Make risks visible: generate active responsibility and practical knowledge
National safety investigation bodies need to consistently generate new knowledge of systemic risk, draw widespread attention to those risks and create public accountability for addressing them. Practical information on specific sources of risk in healthcare systems is not always widely accessible. 23 In other safety-critical industries, accident investigators routinely publish detailed investigations that document the most serious safety problems, building an ever-growing open repository of practical knowledge on the nature of risk. National investigation bodies in healthcare need to do the same. They also need to regularly and forcefully direct attention to the patient safety problems that they identify by supplementing technical reports with engaging films and other compelling media,7,24,25 highlighting cross-cutting safety issues and ‘most wanted’ or ‘watch lists’ such as those published by investigators in other industries,26,27 and visualising the risk landscape to map past and ongoing investigations and build a public picture of safety priorities.
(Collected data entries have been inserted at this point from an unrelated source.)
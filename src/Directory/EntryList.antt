-- ===== src/Directory/EntryList.antt =====
-- `DirEntryList` (DirEntryList.cpp): a vector of entries that is ordered by their block ids. An
-- iterator is its position, the end the number of entries. `start` is the computation in floating
-- point of the position where a search starts, from the first byte of the block id and the number of
-- entries. `onOverwritten` does not see the list: it is a function on a state `X` of its own, which
-- may throw, and what it has changed stays where an exception follows. What an operation that throws
-- leaves of the list is not modelled.
use libcryfs.Common.{
  ℕ, zero, suc, ◌+◌, ◌-◌, ◌^◌, Bool, true, false, not, ◌&&◌, ◌||◌, Option, none, some, List, [],
  ◌∷◌, ◌++◌, ltb, if◌then◌else◌, length, take, drop, get_elem?,
}
use libcryfs.Common.Equality.{◌==◌, nat_eq, bytes_eq}
use libcryfs.Common.Result.{Result, ok, err, guard, assert_failed, fuse_errno, ◌>>=◌, ◌>>◌}
use libcryfs.Common.Bytes.{Data, BlockId}
use libcryfs.Directory.Entry.{
  EntryType, dir, file, symlink, same_type, Time, DirEntry, has_file_flag, has_dir_flag,
  has_symlink_flag, Attributes, new_entry, set_name, set_uid, set_gid, set_last_access_time,
  set_last_modification_time,
}
use libcryfs.Directory.Entry

-- The class's state.
abbrev pub DirEntryList : Type 0
DirEntryList = List DirEntry

abbrev pub no_entry : ℕ
no_entry = 2

abbrev pub exists : ℕ
exists = 17

abbrev pub not_a_directory : ℕ
not_a_directory = 20

abbrev pub is_a_directory : ℕ
is_a_directory = 21

-- `std::less<BlockId>`: `memcmp` of the bytes.
abbrev pub less : BlockId → BlockId → Bool
less [] ys = false
less (x ∷ xs) [] = false
less (x ∷ xs) (y ∷ ys) = ltb x y || (x == y && less xs ys)

abbrev pub first_byte : Data → ℕ
first_byte [] = 0
first_byte (b ∷ bs) = b

-- The distance from the first entry to the first one that satisfies a test, or to the end.
unfoldable pub distance : (DirEntry → Bool) → DirEntryList → ℕ
distance test [] = 0
distance test (e ∷ es) = let rest = distance test es in if test e then 0 else suc rest

-- The loop of `_findFirst` that goes back.
unfoldable pub step_back : (DirEntry → Bool) → DirEntryList → ℕ → ℕ
step_back test es zero = zero
step_back test es (suc i) =
    let before = step_back test es i in
    elim (get_elem? es (suc i)) [ none ↦ suc i | some e ↦ if test e then before else suc i ]

abbrev pub erase_at : ℕ → DirEntryList → DirEntryList
erase_at i es = take i es ++ drop (suc i) es

abbrev pub replace_at : ℕ → DirEntry → DirEntryList → DirEntryList
replace_at i e es = take i es ++ (e ∷ drop (suc i) es)

unfoldable pub find_by_name : Data → DirEntryList → ℕ
find_by_name name es = distance (λ e. e.name == name) es

unfoldable pub check_allowed_overwrite : EntryType → EntryType → Result (Unit {0})
check_allowed_overwrite old new =
    if same_type old new
    then ok tt
    else if same_type old dir
    then err (fuse_errno is_a_directory)
    else if same_type new dir
    then err (fuse_errno not_a_directory)
    else ok tt

unfoldable pub get_by_name : Data → DirEntryList → Option DirEntry
get_by_name name es = get_elem? es (find_by_name name es)

unfoldable pub remove_by_name : Data → DirEntryList → Result (DirEntryList)
remove_by_name name es = elim (get_by_name name es) [
  | none ↦ err (fuse_errno no_entry)
  | some e ↦ ok (erase_at (find_by_name name es) es)
]

module _ (start : ℕ → ℕ → ℕ) where
  unfoldable pub find_first : BlockId → (DirEntry → Bool) → DirEntryList → Result ℕ
  find_first hint test [] = ok 0
  find_first hint test (e ∷ es) = do
    let i = start (first_byte hint) (suc (length es))
    guard (ltb i (suc (length es))) assert_failed
    let j = step_back test (e ∷ es) i
    ok (j + distance test (drop j (e ∷ es)))

  unfoldable pub find_lower_bound : BlockId → DirEntryList → Result ℕ
  find_lower_bound block_id = find_first block_id (λ e. not (less e.block_id block_id))

  unfoldable pub find_upper_bound : BlockId → DirEntryList → Result ℕ
  find_upper_bound block_id = find_first block_id (λ e. less block_id e.block_id)

  -- The position and the entry that stands there; `none` for the end.
  unfoldable pub find_by_id : BlockId → DirEntryList → Result (Option (ℕ × DirEntry))
  find_by_id block_id es = do
    i ← find_lower_bound block_id es
    ok (elim (get_elem? es i) [
      | none ↦ none
      | some e ↦ if e.block_id == block_id then some (i, e) else none
    ])

  -- `_findById`, and the exception of the operations that need the entry.
  unfoldable pub existing_by_id : BlockId → DirEntryList → Result (ℕ × DirEntry)
  existing_by_id block_id es = do
    found ← find_by_id block_id es
    elim found [ none ↦ err (fuse_errno no_entry) | some at ↦ ok at ]

  -- `_add`
  unfoldable pub add_entry :
      Data → BlockId → Attributes → Time → DirEntryList → Result (DirEntryList)
  add_entry name block_id a now es = do
    i ← find_upper_bound block_id es
    e ← new_entry name block_id a now
    ok (take i es ++ (e ∷ drop i es))

  unfoldable pub add : Data → BlockId → Attributes → Time → DirEntryList → Result (DirEntryList)
  add name block_id a now es = elim (get_by_name name es) [
    | some e ↦ err (fuse_errno exists)
    | none ↦ add_entry name block_id a now es
  ]

  -- `_overwrite`
  unfoldable pub overwrite :
      ℕ → DirEntry → Data → BlockId → Attributes → Time → DirEntryList → Result (DirEntryList)
  overwrite i old name block_id a now es = do
    check_allowed_overwrite old.entry_type a.entry_type
    add_entry name block_id a now (erase_at i es)

  unfoldable pub add_or_overwrite :
      {X : Type 0}
      → Data
      → BlockId
      → Attributes
      → Time
      → (BlockId → X → Result (Unit {0}) × X)
      → X
      → DirEntryList
      → Result DirEntryList × X
  add_or_overwrite name block_id a now on_overwritten x es = elim (get_by_name name es) [
    | none ↦ (add_entry name block_id a now es, x)
    | some old ↦
        let (called, x') = on_overwritten old.block_id x in
        (do called; overwrite (find_by_name name es) old name block_id a now es, x')
  ]

  -- The end of `rename`.
  unfoldable pub set_name_by_id : BlockId → Data → Time → DirEntryList → Result (DirEntryList)
  set_name_by_id block_id name now es = do
    (i, found) ← existing_by_id block_id es
    ok (replace_at i (set_name now name found) es)

  -- The tests of `rename` in front of the callback.
  unfoldable pub check_rename : BlockId → DirEntry → DirEntryList → Result (Unit {0})
  check_rename block_id same_name es = do
    (i, found) ← existing_by_id block_id es
    check_allowed_overwrite same_name.entry_type found.entry_type

  unfoldable pub rename :
      {X : Type 0}
      → BlockId
      → Data
      → Time
      → (BlockId → X → Result (Unit {0}) × X)
      → X
      → DirEntryList
      → Result DirEntryList × X
  rename block_id name now on_overwritten x es = elim (get_by_name name es) [
    | none ↦ (set_name_by_id block_id name now es, x)
    | some same_name ↦ elim (same_name.block_id == block_id) [
      | true ↦ (set_name_by_id block_id name now es, x)
      | false ↦ elim (check_rename block_id same_name es) [
        | err thrown ↦ (err thrown, x)
        | ok _ ↦
            let (called, x') = on_overwritten same_name.block_id x in
            (do called; set_name_by_id block_id name now (erase_at (find_by_name name es) es), x')
      ]
    ]
  ]

  unfoldable pub get_by_id : BlockId → DirEntryList → Result (Option DirEntry)
  get_by_id block_id es = do
    found ← find_by_id block_id es
    ok (elim found [ none ↦ none | some at ↦ some at.1 ])

  unfoldable pub remove_by_id : BlockId → DirEntryList → Result (DirEntryList)
  remove_by_id block_id es = do
    lower ← find_lower_bound block_id es
    let upper = lower + distance (λ e. not (e.block_id == block_id)) (drop lower es)
    ok (take lower es ++ drop upper es)

  unfoldable pub set_mode : BlockId → ℕ → Time → DirEntryList → Result (DirEntryList)
  set_mode block_id mode now es = do
    (i, found) ← existing_by_id block_id es
    guard
        ((has_file_flag mode && has_file_flag found.mode)
          || (has_dir_flag mode && has_dir_flag found.mode)
          || has_symlink_flag mode)
        assert_failed
    ok (replace_at i (Entry.set_mode now mode found) es)

  -- An id of -1 is left as it is.
  unfoldable pub set_uid_gid : BlockId → ℕ → ℕ → Time → DirEntryList → Result (Bool × DirEntryList)
  set_uid_gid block_id uid gid now es = do
    (i, found) ← existing_by_id block_id es
    let keep_uid = uid == 2 ^ 32 - 1
    let keep_gid = gid == 2 ^ 32 - 1
    let with_uid = if keep_uid then found else set_uid now uid found
    let with_gid = if keep_gid then with_uid else set_gid now gid with_uid
    ok (not keep_uid || not keep_gid, replace_at i with_gid es)

  unfoldable pub set_access_times :
      BlockId → Time → Time → Time → DirEntryList → Result (DirEntryList)
  set_access_times block_id access modification now es = do
    (i, found) ← existing_by_id block_id es
    let accessed = set_last_access_time access found
    ok (replace_at i (set_last_modification_time now modification accessed) es)

  -- The two tests of the `TimestampUpdateBehavior`, which are given the time of the last access, that
  -- of the last modification, and the present one.
  unfoldable pub update_access_timestamp_for_child :
      (Time → Time → Time → Bool)
      → (Time → Time → Time → Bool)
      → BlockId
      → Time
      → DirEntryList
      → Result (Bool × DirEntryList)
  update_access_timestamp_for_child on_file_read on_directory_read block_id now es = do
    (i, found) ← existing_by_id block_id es
    let test : Time → Time → Time → Bool =
        if same_type found.entry_type dir then on_directory_read else on_file_read
    ok (
        if test found.last_access_time found.last_modification_time now
        then (true, replace_at i (set_last_access_time now found) es)
        else (false, es))

  unfoldable pub update_modification_timestamp_for_child :
      BlockId → Time → DirEntryList → Result (DirEntryList)
  update_modification_timestamp_for_child block_id now es = do
    (i, found) ← existing_by_id block_id es
    ok (replace_at i (set_last_modification_time now now found) es)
Ultimately, national investigation bodies will need to create new forms of public accountability for safety improvement and maintain a public record of safety recommendations – alongside subsequent responses, actions and commentary – to provide a mechanism for generating ‘active responsibility’ for improving safety in the future. 28
An experiment in improving investigation
The establishment of independent, system-spanning safety investigation bodies in England and Norway is a watershed moment for patient safety. But this experiment in health policy remains at an early stage and faces many practical challenges, each of which needs to be addressed carefully and thoughtfully. These new organisations have a deep responsibility to the patients, families, practitioners and policymakers who worked hard to bring them into existence. They must now develop robust investigation methods, model a culture of openness and learning, work tirelessly and intelligently to drive systemic change – and ultimately speak truth to power.